*** Opening of Source records ***
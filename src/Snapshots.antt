-- ===== src/Snapshots.antt =====
-- apps/backend/app/intelligence/snapshot_store.py: what the store checks before it writes and before it seals.
pub mod Graph
pub mod Evidence
pub mod Begin
pub mod Guard
pub mod Derivations
pub mod Nodes
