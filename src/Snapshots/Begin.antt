-- ===== src/Snapshots/Begin.antt =====
-- `begin`, `get_or_reuse` and `find_completed`, with the checks that they share. `digest` is the hash of a list of texts
-- (`sha256_prefixed` of its JSON), `computed` is what `compute_config_hash` returns for the configuration, and
-- `config_given` tells whether there is one;
-- `empty_hash` is what it returns for none. The new identifier is an argument. A new row is the last one.
pub mod Reuse
use partha.Prelude.{
  ℕ, Bool, true, false, not, ◌&&◌, ◌||◌, Option, none, some, List, [], ◌∷◌, ◌++◌, length, ◌==◌, leb,
  is_none, if◌then◌else◌,
}
use partha.Prelude.Text.{codes}
use partha.Text.{same_text, starts_with, ends_with, contains, drop}
use partha.Database.{SnapshotState, building, sealed, is_sealed}
use partha.Canonical.{Unicode, snapshot_seal_error, Checked, ok, err, ◌>>=◌, ◌>>◌}
use partha.Canonical.Key.{is_empty}
use partha.Canonical.Lists.{normalize_producer_version_set}

pub record Revision : Type 0 where
  pub kind : List ℕ
  pub value : List ℕ
  pub ref : Option (List ℕ)

-- `RiSnapshot`, with the columns that `begin` sets.
pub record SnapshotRow : Type 0 where
  pub snapshot_id : List ℕ
  pub repository_id : List ℕ
  pub revision_kind : List ℕ
  pub revision_value : List ℕ
  pub revision_ref : Option (List ℕ)
  pub schema_version : List ℕ
  pub producer_version_set : List (List ℕ)
  pub producer_set_hash : List ℕ
  pub config_hash : List ℕ
  pub state : SnapshotState

-- The revision columns of `repositories`.
pub record RepositoryRow : Type 0 where
  pub id : List ℕ
  pub revision_kind : Option (List ℕ)
  pub revision_value : Option (List ℕ)

abbrev is_hex_digit : ℕ → Bool
is_hex_digit c = leb b'0' c && leb c b'9' || leb b'a' c && leb c b'f'

abbrev all_hex : List ℕ → Bool
all_hex [] = true
all_hex (c ∷ s) = is_hex_digit c && all_hex s

-- `_GIT_REVISION_RE`; `_UPLOAD_REVISION_RE` and `_HASH_RE`, which are the same.
abbrev pub is_git_revision : List ℕ → Bool
is_git_revision s = length s == 40 && all_hex s

abbrev pub is_content_hash : List ℕ → Bool
is_content_hash s = starts_with s (codes "sha256:") && length (drop 7 s) == 64 && all_hex (drop 7 s)

abbrev pub is_ref : Option (List ℕ) → Bool
is_ref none = true
is_ref (some ref) = starts_with ref (codes "refs/")

unfoldable pub validate_revision : Revision → Checked (Unit {0})
validate_revision r =
    if same_text r.kind (codes "git")
    then if not (is_git_revision r.value)
      then err snapshot_seal_error
      else if not (is_ref r.ref)
      then err snapshot_seal_error
      else ok tt
    else if same_text r.kind (codes "upload")
    then if not (is_content_hash r.value) || not (is_none r.ref)
      then err snapshot_seal_error
      else ok tt
    else err snapshot_seal_error

abbrev pub get_repository : List ℕ → List RepositoryRow → Option RepositoryRow
get_repository id [] = none
get_repository id (r ∷ rows) = if same_text r.id id then some r else get_repository id rows

abbrev pub is_value : Option (List ℕ) → List ℕ → Bool
is_value none s = false
is_value (some t) s = same_text t s

abbrev pub check_repository : Revision → Option RepositoryRow → Checked (Unit {0})
check_repository revision none = err snapshot_seal_error
check_repository revision (some r) =
    if is_value r.revision_kind revision.kind && is_value r.revision_value revision.value
    then ok tt
    else err snapshot_seal_error

unfoldable pub require_matching_repository :
    List RepositoryRow → List ℕ → Revision → Checked (Unit {0})
unfolding validate_revision
require_matching_repository repositories repository_id revision =
    validate_revision revision
    >> check_repository revision (get_repository repository_id repositories)

-- `config_hash or computed`
abbrev pub hash_or : Option (List ℕ) → List ℕ → List ℕ
hash_or none computed = computed
hash_or (some h) computed = if is_empty h then computed else h

unfoldable pub resolve_config_hash : Bool → Option (List ℕ) → Checked (List ℕ) → Checked (List ℕ)
resolve_config_hash config_given config_hash computed = do
  hash ← computed
  if not (is_none config_hash) && config_given && not (is_value config_hash hash)
      then err snapshot_seal_error
      else ok (hash_or config_hash hash)

abbrev pub is_bad_producer : List ℕ → Bool
is_bad_producer p = not (contains b'@' p) || starts_with p (codes "@") || ends_with p (codes "@")

abbrev pub any_bad : List (List ℕ) → Bool
any_bad [] = false
any_bad (p ∷ ps) = is_bad_producer p || any_bad ps

-- What identifies a snapshot.
pub record Identity : Type 0 where
  pub repository_id : List ℕ
  pub revision_value : List ℕ
  pub schema_version : List ℕ
  pub producer_set_hash : List ℕ
  pub config_hash : List ℕ

abbrev pub is_completed_of : Identity → SnapshotRow → Bool
is_completed_of i s =
    same_text s.repository_id i.repository_id
    && same_text s.revision_value i.revision_value
    && same_text s.schema_version i.schema_version
    && same_text s.producer_set_hash i.producer_set_hash
    && same_text s.config_hash i.config_hash
    && is_sealed s.state

-- The statement of `find_completed`.
unfoldable pub find_row : Identity → List SnapshotRow → Option SnapshotRow
find_row i [] = none
find_row i (s ∷ rows) = if is_completed_of i s then some s else find_row i rows

-- The arguments of `begin` and `get_or_reuse`.
pub record Request : Type 0 where
  pub repository_id : List ℕ
  pub revision : Revision
  pub producer_version_set : List (List ℕ)
  pub schema_version : List ℕ
  pub config_given : Bool
  pub config_hash : Option (List ℕ)

module _ (u : Unicode) (utf_8 : List ℕ → List ℕ) (digest : List (List ℕ) → List ℕ)
    (repositories : List RepositoryRow) where
  -- `canonical.producer_set_hash`
  unfoldable pub producer_set_hash : List (List ℕ) → Checked (List ℕ)
  unfolding normalize_producer_version_set
  producer_set_hash producers = do
    normalized ← normalize_producer_version_set u utf_8 producers
    ok (digest normalized)

  abbrev pub new_row : List ℕ → Request → List (List ℕ) → List ℕ → List ℕ → SnapshotRow
  new_row snapshot_id r producers set_hash config_hash = record {
    snapshot_id = snapshot_id;
    repository_id = r.repository_id;
    revision_kind = r.revision.kind;
    revision_value = r.revision.value;
    revision_ref = r.revision.ref;
    schema_version = r.schema_version;
    producer_version_set = producers;
    producer_set_hash = set_hash;
    config_hash = config_hash;
    state = SnapshotState.building;
  }

  unfoldable pub begin :
      Checked (List ℕ)
      → List ℕ
      → Request
      → List SnapshotRow
      → Checked (SnapshotRow × List SnapshotRow)
  unfolding require_matching_repository resolve_config_hash producer_set_hash
  begin computed snapshot_id r rows = do
    require_matching_repository repositories r.repository_id r.revision
    producers ← normalize_producer_version_set u utf_8 r.producer_version_set
    if any_bad producers then err snapshot_seal_error else do
      config_hash ← resolve_config_hash r.config_given r.config_hash computed
      if not (is_content_hash config_hash) then err snapshot_seal_error else do
        set_hash ← producer_set_hash producers
        let row = new_row snapshot_id r producers set_hash config_hash
        ok (row, rows ++ row ∷ [])

  abbrev pub identity_of : Request → List ℕ → List ℕ → Identity
  identity_of r set_hash config_hash = record {
    repository_id = r.repository_id;
    revision_value = r.revision.value;
    schema_version = r.schema_version;
    producer_set_hash = set_hash;
    config_hash = config_hash;
  }

  abbrev pub started :
      Checked (SnapshotRow × List SnapshotRow) → Checked (SnapshotRow × Bool × List SnapshotRow)
  started m = do result ← m; ok (result.0, false, result.1)

  abbrev pub reuse_or :
      Option SnapshotRow
      → List SnapshotRow
      → Checked (SnapshotRow × List SnapshotRow)
      → Checked (SnapshotRow × Bool × List SnapshotRow)
  reuse_or none rows begun = started begun
  reuse_or (some existing) rows begun = ok (existing, true, rows)

  -- The snapshot, whether it is reused, and the table.
  unfoldable pub get_or_reuse :
      Checked (List ℕ)
      → List ℕ
      → List ℕ
      → Request
      → List SnapshotRow
      → Checked (SnapshotRow × Bool × List SnapshotRow)
  unfolding begin find_row
  get_or_reuse computed empty_hash snapshot_id r rows = do
    require_matching_repository repositories r.repository_id r.revision
    config_hash ← resolve_config_hash r.config_given r.config_hash computed
    set_hash ← producer_set_hash r.producer_version_set
    reuse_or (find_row (identity_of r set_hash config_hash) rows) rows (
        begin (ok empty_hash) snapshot_id
          (record r { config_hash = some config_hash; config_given = false }) rows)

-- The state that `seal` writes to the row.
abbrev pub complete_row : List ℕ → SnapshotRow → SnapshotRow
complete_row id s =
    if same_text s.snapshot_id id then record s { state = SnapshotState.sealed } else s

abbrev pub complete_rows : List ℕ → List SnapshotRow → List SnapshotRow
complete_rows id [] = []
complete_rows id (s ∷ rows) = complete_row id s ∷ complete_rows id rows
*** Close of Source records ***
What the exercise asks: All that should be written out is the stretch of lines above between the one holding "unfoldable pub validate_revision" and the one holding "get_repository id (r", inclusive, exactly as given.

Written solution:
unfoldable pub validate_revision : Revision → Checked (Unit {0})
validate_revision r =
    if same_text r.kind (codes "git")
    then if not (is_git_revision r.value)
      then err snapshot_seal_error
      else if not (is_ref r.ref)
      then err snapshot_seal_error
      else ok tt
    else if same_text r.kind (codes "upload")
    then if not (is_content_hash r.value) || not (is_none r.ref)
      then err snapshot_seal_error
      else ok tt
    else err snapshot_seal_error

abbrev pub get_repository : List ℕ → List RepositoryRow → Option RepositoryRow
get_repository id [] = none
get_repository id (r ∷ rows) = if same_text r.id id then some r else get_repository id rows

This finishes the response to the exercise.